In stasis, my nerves might just heal, and the terror waging war in my body may just quit. Could I possibly wake up and be able to walk on a beach in the sun for more than an hour without my skin beginning to melt off? To build a snowman without all my nerve endings shocking me immobile?


If only I could tell you stories...stories of two brilliant scientists and their two wayward daughters, who learned quickly that 'freaks of nature' was a kind nickname.


What could 100 years do for me? For the world?


I don't have the answer to those questions, although for your sake I wish I did. My purpose is not to figure it all out but to be a catalyst toward a calmer, healthier, new world. A place where we can live beyond infirmities and achieve anything.
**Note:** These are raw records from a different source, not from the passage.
-- ===== src/Managers/Stream/Refinement.antt =====
-- The calls of StreamManager over SynapRPC, against those on a log.
use synap_sdk_go.Prelude.{
  ◌≡◌, refl, ◌∙◌, ap, sym, ◌<◌, ◌^◌, ℕ, zero, suc, ◌+◌, ◌≤◌, arith, length-append, pos, List, [],
  ◌∷◌, ◌++◌, All, map, take, drop, length, append_assoc, map-append, append-nil,
}
use native.Mathlib.Nat.{mod-eq_of_lt}
use synap_sdk_go.Bytes.{Bytes, codes}
use synap_sdk_go.Value.{str, int, int64}
use synap_sdk_go.Value.Text.{sprint}
use synap_sdk_go.Errors.{ok}
use synap_sdk_go.Command.{synap_rpc}
use synap_sdk_go.Command.Wire.{wire}
use synap_sdk_go.Payload.{Fields, string, unsigned, integer, no_fields}
use synap_sdk_go.Response.{decode}
use synap_sdk_go.Response.Shapes.{Shape}
use synap_sdk_go.Response.Assign.RoundTrip.{value_of, Fits, assign-value_of}
use synap_sdk_go.Resp3.Outcome.{value}
use synap_sdk_go.Client.Calls.{pure}
use synap_sdk_go.Client.Http.{World, Client}
use synap_sdk_go.Client.Runs.{run_each-refines}
use package.synap_sdk_go.Managers.{one, with_text, with_field}
use package.synap_sdk_go.Managers.Types.{event_shape}
use package.synap_sdk_go.Managers.Expiry.{HoldsNaturals}
use package.synap_sdk_go.Managers.StreamManager.{stream_publish, stream_consume}
use package.synap_sdk_go.Managers.Rpc.{answer, IsSentAs, ask_then-sent}
use package.synap_sdk_go.Managers.Stream.{
  Event, data_of, Operation, publish, read, returns, updates, returns_all, updates_all, sent_texts,
  run, run_all, KeepsLog,
}

-- Offsets and limits are exact in float64.
abbrev pub IsExact : Operation → Type 0
IsExact (publish event text) = Unit
IsExact (read offset limit) = (offset < 2 ^ 53) × (limit < 2 ^ 53)

updates-length :
    (mint : ℕ → Bytes → Bytes → Event) (o : Operation) (log : List Event)
    → length (updates mint o log) ≤ length log + 1
unfolding updates
updates-length mint (publish event text) log =
    omega (arith, length-append log (mint (length log) event text ∷ []))
updates-length mint (read offset limit) log = omega arith

-- The log grows by what is published, text by text.
module _ (mint : ℕ → Bytes → Bytes → Event)
    (kept : (n : ℕ) (event text : Bytes) → data_of (mint n event text) ≡ str text) where
  updates_all-texts :
      (os : List Operation) (log : List Event)
      → map data_of (updates_all mint os log) ≡ map data_of log ++ sent_texts os
  unfolding updates_all updates sent_texts
  updates_all-texts [] log = sym (append-nil (map data_of log))
  updates_all-texts (publish event text ∷ os) log =
      updates_all-texts os (log ++ mint (length log) event text ∷ [])
      ∙ ap (λ x. x ++ sent_texts os) (map-append data_of log (mint (length log) event text ∷ []))
      ∙ append_assoc (map data_of log) (data_of (mint (length log) event text) ∷ []) (sent_texts os)
      ∙ ap (λ x. map data_of log ++ x ∷ sent_texts os) (kept (length log) event text)
  updates_all-texts (read offset limit ∷ os) log = updates_all-texts os log

below_uint : (n : ℕ) → n < 2 ^ 63 → n < 2 ^ 64
below_uint n h = omega (arith, h)

drop-Fits :
    (n : ℕ) (es : List Event)
    → Fits (Shape.slice event_shape) es
    → Fits (Shape.slice event_shape) (drop n es)
unfolding Fits
drop-Fits zero es h = h
drop-Fits (suc n) [] h = h
drop-Fits (suc n) (e ∷ es) h = drop-Fits n es h.1

take-Fits :
    (n : ℕ) (es : List Event)
    → Fits (Shape.slice event_shape) es
    → Fits (Shape.slice event_shape) (take n es)
unfolding Fits
take-Fits zero es h = tt
take-Fits (suc n) [] h = h
take-Fits (suc n) (e ∷ es) h = (h.0, take-Fits n es h.1)

abbrev publish_payload : (room event text : Bytes) → Fields
publish_payload room event text =
    with_text "room" room (with_text "event" event (with_field "data" (string text) no_fields))

abbrev read_payload : (room : Bytes) (offset limit : ℕ) → Fields
read_payload room offset limit = with_text "room" room (
    with_text "subscriber_id" (codes "sdk-default") (
      with_field "from_offset" (unsigned offset)
        (with_field "limit" (integer (pos limit)) no_fields)))

module _ {S : Type 0} (w : World S) (c : Client) (rpc : c.transport ≡ synap_rpc)
    (plain : c.tx_client_id ≡ []) (exact : HoldsNaturals w.rt) (room : Bytes)
    (mint : ℕ → Bytes → Bytes → Event) (log : S → List Event)
    (server : KeepsLog w.rpc room mint log) where
  publish_wire :
      (event text : Bytes)
      → IsSentAs w c rpc "stream.publish"
          (publish_payload room event text)
          (wire "SPUBLISH" (str room ∷ str event ∷ str text ∷ []))
  unfolding IsSentAs sprint
  publish_wire event text = rw plain

  stream_publish-offset :
      (event text : Bytes) (n : ℕ) (s u : S)
      → n < 2 ^ 63
      → w.rpc (codes "SPUBLISH") (str room ∷ str event ∷ str text ∷ []) s
        ≡ (value (int64 (pos n)), u)
      → stream_publish w c room event (string text) s ≡ (value n, u)
  unfolding stream_publish
  stream_publish-offset event text n s u h e = rw (
    ask_then-sent w c rpc "stream.publish" (publish_payload room event text)
        (one "offset" (Shape.uint 64)) (wire "SPUBLISH" (str room ∷ str event ∷ str text ∷ []))
        (λ r. pure r.0) (publish_wire event text) s,
    e,
    mod-eq_of_lt (below_uint n h),
  )

  read_wire :
      (offset limit : ℕ)
      → offset < 2 ^ 53
      → limit < 2 ^ 53
      → IsSentAs w c rpc "stream.consume" (read_payload room offset limit) (
          wire "SREAD"
            (str room ∷ str (codes "sdk-default") ∷ int (pos offset) ∷ int (pos limit) ∷ []))
  unfolding IsSentAs sprint
  read_wire offset limit h k = rw (plain, exact.exact offset h, exact.exact limit k)

  read_events :
      (es : List Event)
      → Fits (Shape.slice event_shape) es
      → decode w.rt w.json
          (one "events" (Shape.slice event_shape))
          (answer w c rpc "stream.consume" (value_of (Shape.slice event_shape) es))
        ≡ ok (es, tt)
  unfolding stream_consume decode value_of Fits
  read_events es h =
      assign-value_of w.rt (one "events" (Shape.slice event_shape)) ([], tt) (es, tt) (refl, h, tt)

  stream_consume-events :
      (offset limit : ℕ) (es : List Event) (s u : S)
      → offset < 2 ^ 53
      → limit < 2 ^ 53
      → Fits (Shape.slice event_shape) es
      → w.rpc
          (codes "SREAD")
          (str room ∷ str (codes "sdk-default") ∷ int (pos offset) ∷ int (pos limit) ∷ [])
          s
        ≡ (value (value_of (Shape.slice event_shape) es), u)
      → stream_consume w c room offset (pos limit) s ≡ (value es, u)
  unfolding stream_consume
  stream_consume-events offset limit es s u h k f e = rw (
    ask_then-sent w c rpc "stream.consume" (read_payload room offset limit)
        (one "events" (Shape.slice event_shape))
        (wire "SREAD"
          (str room ∷ str (codes "sdk-default") ∷ int (pos offset) ∷ int (pos limit) ∷ []))
        (λ r. pure r.0) (read_wire offset limit h k) s,
    e,
    read_events es f,
  )

  run-refines :
      (o : Operation) (s : S)
      → IsExact o
      → length (log s) < 2 ^ 63
      → (u : S) × (run w c room o s ≡ (value (returns mint o (log s)), u))
        × (log u ≡ updates mint o (log s))
  unfolding run returns updates
  run-refines (publish event text) s h below =
      let (u, e, k) = server.on_publish event text s below in
      (u, rw (stream_publish-offset event text _ s u below e), k)
  run-refines (read offset limit) s h below =
      let (u, e, k) =
        server.on_read offset limit s (omega (arith, h.0)) (omega (arith, h.1))
          (omega (arith, below)) in
      (
        u,
        rw (
            stream_consume-events offset limit _ s u h.0 h.1
              (take-Fits limit (drop offset (log s))
                (drop-Fits offset (log s) (server.fits s (omega (arith, below)))))
              e),
        k,
      )

  run_all-refines :
      (os : List Operation) (s : S)
      → All IsExact os
      → length (log s) + length os < 2 ^ 63
      → (u : S) × (run_all w c room os s ≡ (value (returns_all mint os (log s)), u))
        × (log u ≡ updates_all mint os (log s))
  unfolding run_all returns_all updates_all
  run_all-refines os s h below =
      let (u, e, (t, k)) =
        run_each-refines (run w c room) (returns mint) (updates mint)
          (λ os' s' m. (All IsExact os' × (length m + length os' < 2 ^ 63)) × (log s' ≡ m))
          (λ o os' s' m h'.
            let (u', e', k') = run-refines o s' h'.0.0.0 (omega (arith, h'.0.1, ap length h'.1)) in
            (
              u',
              rw (← h'.1) e',
              (
                (h'.0.0.1, omega (arith, h'.0.1, updates-length mint o m)),
                k' ∙ ap (updates mint o) h'.1,
              ),
            ))
          os s (log s) ((h, below), refl) in
      (u, e, k)

  -- On a server that keeps the log of a room, whatever sequence of Publish of a text and Consume of
  -- that room a program outside of transactions calls over SynapRPC, each call succeeds and returns
  -- what the log says: Publish the offset of the event, and Consume the events from an offset on, at
  -- most as many as the limit, field by field. The data of the log grow by the texts that were
  -- published, byte for byte and in their order. Offsets and limits are below 2 ^ 53, where float64 is
  -- taken to be exact, and the log stays below 2 ^ 63 events.
  pub run_all-logs :
      (os : List Operation) (s : S)
      → All IsExact os
      → length (log s) + length os < 2 ^ 63
      → (u : S) × (run_all w c room os s ≡ (value (returns_all mint os (log s)), u))
        × (log u ≡ updates_all mint os (log s))
        × (map data_of (log u) ≡ map data_of (log s) ++ sent_texts os)
  run_all-logs os s h below =
      let (u, e, k) = run_all-refines os s h below in
      (u, e, k, ap (map data_of) k ∙ updates_all-texts mint server.text_kept os (log s))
I once thought I would be married, four kids, and practicing law. Infirmity greeted me instead, stealing my vitality and snuffing out my dreams. Your life, your vision in my mind, became my meaning for leaving my glass prison.


Always strangers...but only until dreams meet. For when I awake one day, I hope to find you on the edge of hope and healing, leading into a never-ending dawn.


So if you read of me in the newspaper and happen to remember the mouse from 2F, know that I have marked my place in history, never in dark but beyond where infirmities lie.